I have both Penn's and Diawa and I'll stick with the Daiwa's for surf casting and yak fishing.


----------



## Mustad7731 (May 23, 2004)

I have been fishing with penns for 2-3 years, and I love them.I have a 505,501 8500SS,4400SS,60,and 68.Dad is Mustad 7731 he has 2 140s 1 500 1 506 2 116 so we are Penn fans.I even cought my first red on a penn jig 500.


----------



## justletmein (Feb 11, 2006)

Love my Daiwa SLX, one of my favorite reels.


----------



## wacowade (May 27, 2004)

I have fished with both Penns and Diawas for a few years now..
I loved my Penn 4/0 .. but My Diawa takes just as hard of a beating and casts much smoother. I rarely get any backlashes outta my Diawa Sealine 450H.. I will still pick up a Penn if theres a good deal on them, but still prefer the Diawa for the Beach and Kayak fishing...


----------



## Big Sherm (Jul 8, 2005)

for casting and retrieval. the Daiwa's cast a bit further and the retrieve is faster. Make sure to get the sha's not the ha. for casting distance. I have a Penn 535mag that I run on a HDX as well and I can cast a 190g sinker just under 500'. I have a 4 wide magged but it's really not that needed or recommended. I am looking for a Daiwa 50SHA (magged) for a Breakaway Nuke for casting 8 and bait.
The newer Daiwa's are specially made and tested for the surf by surf fishermen such as Nick Meyer and a few other Brit.'s that are always in the surf zone. Yes Penns have been reliable for years but don't discount the new generation of Daiwa's.


----------



## captainemil (Aug 12, 2005)

Diawa is built better then Penn, they last longer with fewer break downs


----------



## Tiny (Dec 19, 2006)

Tttt

I have had a 6/0 wide and 3 4/0 wides for the last 10 years, I have caught a LOT of fish on them and am Just now, thinking about changing the drag washers.

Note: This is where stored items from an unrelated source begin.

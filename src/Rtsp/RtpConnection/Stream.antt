-- ===== src/Rtsp/RtpConnection/Stream.antt =====
-- The stream of packets that the trigger events of SendRtpPacket, src/rtsp/RtpConnection.cpp, make.
use stream_sight.Base.{
  ℕ, ◌+◌, ◌/◌, ◌%◌, ◌^◌, ◌≤◌, ◌<◌, ◌≡◌, refl, sym, ap, ◌∙◌, Bool, true, false, ◌&&◌, if-false,
  Option, none, some, List, [], ◌∷◌, ◌++◌, append_assoc, append-nil, length, All, sub32,
  length-append, take-all, arith,
}
use stream_sight.Rtsp.Packet.{RtpPacket}
use stream_sight.Rtsp.RtpConnection.{
  RtpConnection, MediaChannelInfo, RtpHeader, Sent, tcp, datagram,
}
use stream_sight.Rtsp.RtpConnection.Sending.{
  header_bytes, may_send, set_frame_type, set_rtp_header, deliver,
}
use stream_sight.Rtsp.RtpConnection.Reading.{
  Interleaved, read_interleaved, read_interleaved-frame, Fits, length-header_bytes,
}
use stream_sight.Rtsp.RtpConnection.Packets.{
  IsSized, IsStreaming, set_frame_type-keeps, opens_stream, next_header, interleaved_bytes,
  deliver-streaming,
}

abbrev join_frame : Option Interleaved → Option (List Interleaved) → Option (List Interleaved)
join_frame (some f) (some fs) = some (f ∷ fs)
join_frame (some f) none = none
join_frame none fs = none

-- The frames of a list of sent messages, when each is one.
unfoldable pub read_frames : List Sent → Option (List Interleaved)
read_frames [] = some []
read_frames (tcp bytes ∷ rest) = join_frame (read_interleaved bytes) (read_frames rest)
read_frames (datagram fd port bytes ∷ rest) = none

-- What a client has to find: the packets in order, numbered one after the other modulo 2^16.
unfoldable pub numbered : RtpHeader → ℕ → ℕ → List RtpPacket → List Interleaved
numbered h channel seq [] = []
numbered h channel seq (p ∷ ps) =
    record {
      channel = channel;
      header = record h { marker = p.last % 2; ts = p.timestamp; seq = seq };
      payload = p.body;
    }
    ∷ numbered h channel ((seq + 1) % 2 ^ 16) ps

-- A header whose fixed fields fit in their bits.
abbrev pub IsPlain : RtpHeader → Type 0
IsPlain h =
    (h.csrc < 16)
    × (h.extension < 2)
    × (h.padding < 2)
    × (h.version < 4)
    × (h.payload < 128)
    × (h.ssrc < 2 ^ 32)

abbrev pub IsSendable : RtpPacket → Type 0
IsSendable p = IsSized p × (p.timestamp < 2 ^ 32)

read-interleaved_bytes :
    (p : RtpPacket) (m : MediaChannelInfo)
    → IsSendable p
    → IsPlain m.rtp_header
    → m.packet_seq < 2 ^ 16
    → m.rtp_channel < 2 ^ 8
    → read_interleaved (interleaved_bytes p m)
      ≡ some (record { channel = m.rtp_channel; header = next_header m p; payload = p.body })
read-interleaved_bytes p m s plain seq chan =
    let n = 12 + length p.body in
    let h = next_header m p in
    let body = header_bytes h ++ p.body in
    let e1 : sub32 p.size 4 ≡ n = omega arith in
    let e2 : m.rtp_channel % 2 ^ 8 ≡ m.rtp_channel = omega arith in
    let l : length body ≡ n =
      length-append (header_bytes h) p.body ∙ ap (λ k. k + length p.body) (length-header_bytes h) in
    let frame : List ℕ = 36 ∷ m.rtp_channel ∷ n / 2 ^ 8 % 2 ^ 8 ∷ n % 2 ^ 8 ∷ body in
    let whole : length frame ≤ p.size = omega arith in
    let e : interleaved_bytes p m ≡ frame = rw (e1, e2) (take-all p.size frame whole) in
    let fits : Fits h =
      (plain.0, plain.1, plain.2, plain.3, plain.4, omega arith, seq, s.1, plain.5) in
    rw e (read_interleaved-frame m.rtp_channel h p.body fits (omega arith))

and-false : (b k : Bool) → k ≡ false → (b && k) ≡ false
and-false true k h = h
and-false false k h = refl

-- The fields that each packet sets do not matter beforehand.
numbered-header :
    (marker ts seq : ℕ) (h : RtpHeader) (channel next : ℕ) (ps : List RtpPacket)
    → numbered (record h { marker = marker; ts = ts; seq = seq }) channel next ps
      ≡ numbered h channel next ps
unfolding numbered
numbered-header marker ts seq h channel next [] = refl
numbered-header marker ts seq h channel next (p ∷ ps) =
    let first : Interleaved = record {
      channel = channel;
      header = record h { marker = p.last % 2; ts = p.timestamp; seq = next };
      payload = p.body;
    } in
    ap (λ l. first ∷ l) (numbered-header marker ts seq h channel ((next + 1) % 2 ^ 16) ps)

module _ {E : Type 0} (delivered : Bool) (id : ℕ) (old : List ℕ) where
  -- The trigger events run in the order in which SendRtpPacket made them.
  unfoldable pub deliver_all : List RtpPacket → RtpConnection E → RtpConnection E
  deliver_all [] c = c
  deliver_all (p ∷ ps) c = deliver_all ps (deliver delivered id p old c)

  -- Trigger events for one channel of an RTSP connection that streams over TCP and has had its key
  -- frame put on the connection one interleaved frame for each packet, in order: a client reads
  -- the packets' bodies, timestamps and markers back under consecutive sequence numbers, beginning
  -- with the channel's next one and modulo 2^16, and the packet count goes up by their number. The
  -- packets have 16 bytes beside their body, less than 2^16 in all, and timestamps below 2^32; the
  -- channel's header fields fit in their bits, its interleaved channel in a byte, and the count
  -- stays below 2^64.
  pub deliver_all-numbered :
      (ps : List RtpPacket) (c : RtpConnection E)
      → IsStreaming id c
      → c.has_key_frame ≡ true
      → All IsSendable ps
      → let m = c.media_channel_info id in
        IsPlain m.rtp_header
        → m.packet_seq < 2 ^ 16
        → m.rtp_channel < 2 ^ 8
        → m.packet_count + length ps < 2 ^ 64
        → (frames : List Sent) × ((deliver_all ps c).sent ≡ c.sent ++ frames)
          × (read_frames frames ≡ some (numbered m.rtp_header m.rtp_channel m.packet_seq ps))
          × (((deliver_all ps c).media_channel_info id).packet_count ≡ m.packet_count + length ps)
  unfolding deliver_all read_frames numbered
  deliver_all-numbered [] c h key s plain seq chan few =
      ([], sym (append-nil c.sent), refl, omega arith)
  deliver_all-numbered (p ∷ ps) c h key s plain seq chan few =
      let m = c.media_channel_info id in
      let d = deliver-streaming delivered id p old c h (rw key refl) in
      let c' = deliver delivered id p old c in
      let small : m.packet_count % 2 ^ 64 ≡ m.packet_count = omega arith in
      let counted : (m.packet_count + 1) % 2 ^ 64 ≡ m.packet_count + 1 = omega arith in
      let rest =
        deliver_all-numbered ps c' (d.3, d.4, rw d.1 h.2) d.2 s.1 (rw d.1 plain)
          (rw d.1 (omega arith)) (rw d.1 chan) (rw (d.1, counted) (omega arith)) in
      let frame = tcp (interleaved_bytes p m) in
      let first : Interleaved = record {
        channel = m.rtp_channel;
        header = next_header m p;
        payload = p.body;
      } in
      let r = read-interleaved_bytes p m s.0 plain seq chan in
      (
        frame ∷ rest.0,
        rest.1 ∙ ap (λ l. l ++ rest.0) d.0 ∙ append_assoc c.sent (frame ∷ []) rest.0,
        rw (r, rest.2)
            (ap (λ w. some (first ∷ numbered w.rtp_header w.rtp_channel w.packet_seq ps)) d.1
              ∙ ap (λ l. some (first ∷ l))
                  (numbered-header (p.last % 2) p.timestamp m.packet_seq m.rtp_header m.rtp_channel
                    ((m.packet_seq + 1) % 2 ^ 16) ps)),
        rest.3 ∙ ap (λ w. w.packet_count + length ps) d.1 ∙ rw counted (omega arith),
      )

  deliver-gated :
      (p : RtpPacket) (c : RtpConnection E)
      → (set_frame_type p.kind c).has_key_frame ≡ false
      → deliver delivered id p old c ≡ set_frame_type p.kind c
  unfolding deliver set_rtp_header
  deliver-gated p c key =
      let c1 = set_frame_type p.kind c in
      let cannot : may_send id c1 ≡ false = and-false _ c1.has_key_frame key in
      let pair = set_rtp_header id p old c1 in
      let same : pair ≡ (c1, old) = if-false (may_send id c1) _ (c1, old) cannot in
      let e = ap (λ w. w.0) same in
      let still = ap (may_send id) e ∙ cannot in if-false (may_send id pair.0) _ pair.0 still ∙ e

  -- Before the first key frame nothing goes out: while no packet has one of the types that
  -- SetFrameType takes for a beginning (0, a video key frame, audio), nothing is sent and the sequence
  -- number and the counts of the channel stay.
  pub deliver_all-gated :
      (ps : List RtpPacket) (c : RtpConnection E)
      → c.has_key_frame ≡ false
      → All (λ p. opens_stream p.kind ≡ false) ps
      → let c' = deliver_all ps c in
        (c'.sent ≡ c.sent)
        × (c'.media_channel_info ≡ c.media_channel_info)
        × (c'.has_key_frame ≡ false)
  unfolding deliver_all
  deliver_all-gated [] c key s = (refl, refl, key)
  deliver_all-gated (p ∷ ps) c key s =
      let k = set_frame_type-keeps p.kind c in
      let c1 = set_frame_type p.kind c in
      let key1 : c1.has_key_frame ≡ false = k.0 ∙ rw (key, s.0) refl in
      let d = deliver-gated p c key1 in
      let rest =
        deliver_all-gated ps (deliver delivered id p old c) (ap (λ w. w.has_key_frame) d ∙ key1)
          s.1 in
      (rest.0 ∙ ap (λ w. w.sent) d ∙ k.2, rest.1 ∙ ap (λ w. w.media_channel_info) d ∙ k.1, rest.2)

I have a 10/0 that is I know at least 20 years old, I've had it for 14 years and it is in almost perfect shape, ohh wait a minute, I think I've used it maybe 10 times in 14 years, caught a couple sharks on it, anyway, its still a good reel....

I have Never had a diawa last more than 2 years....

Just my .02



captainemil said:


> Diawa is built better then Penn, they last longer with fewer break downs


----------



## rod dawg (Jan 18, 2006)

thanks fellas....

i think i'm going to buy one of each...one penn(gs series) and one daiwa(saltist) then compare the two


----------



## Tiny (Dec 19, 2006)

Good Idea! Use the same line, same bait, and use the same amount of time and see which one craps out first and let us know.



rod dawg said:


> thanks fellas....
> 
> i think i'm going to buy one of each...one penn(gs series) and one daiwa(saltist) then compare the two


----------



## JWS (Jan 28, 2007)

captainemil said:


> Diawa is built better then Penn, they last longer with fewer break downs


now that i do have to disagree with, i own both penns and daiwas. i have penn 309 that ive been using for the last 15 years, and never had a problem with it. i take it apart once a yr to clean and oil it, but other than that, its never had any problems, and ive caught hundreds of fish with it in fresh and salt water. no reel made holds up like a penn. only thing that will is an abu and you aint doing much shark fishing with an abu.


----------



## rod dawg (Jan 18, 2006)

JWS said:


> now that i do have to disagree with, i own both penns and daiwas. i have penn 309 that ive been using for the last 15 years, and never had a problem with it. i take it apart once a yr to clean and oil it, but other than that, its never had any problems, and ive caught hundreds of fish with it in fresh and salt water. no reel made holds up like a penn. only thing that will is an abu and you aint doing much shark fishing with an abu.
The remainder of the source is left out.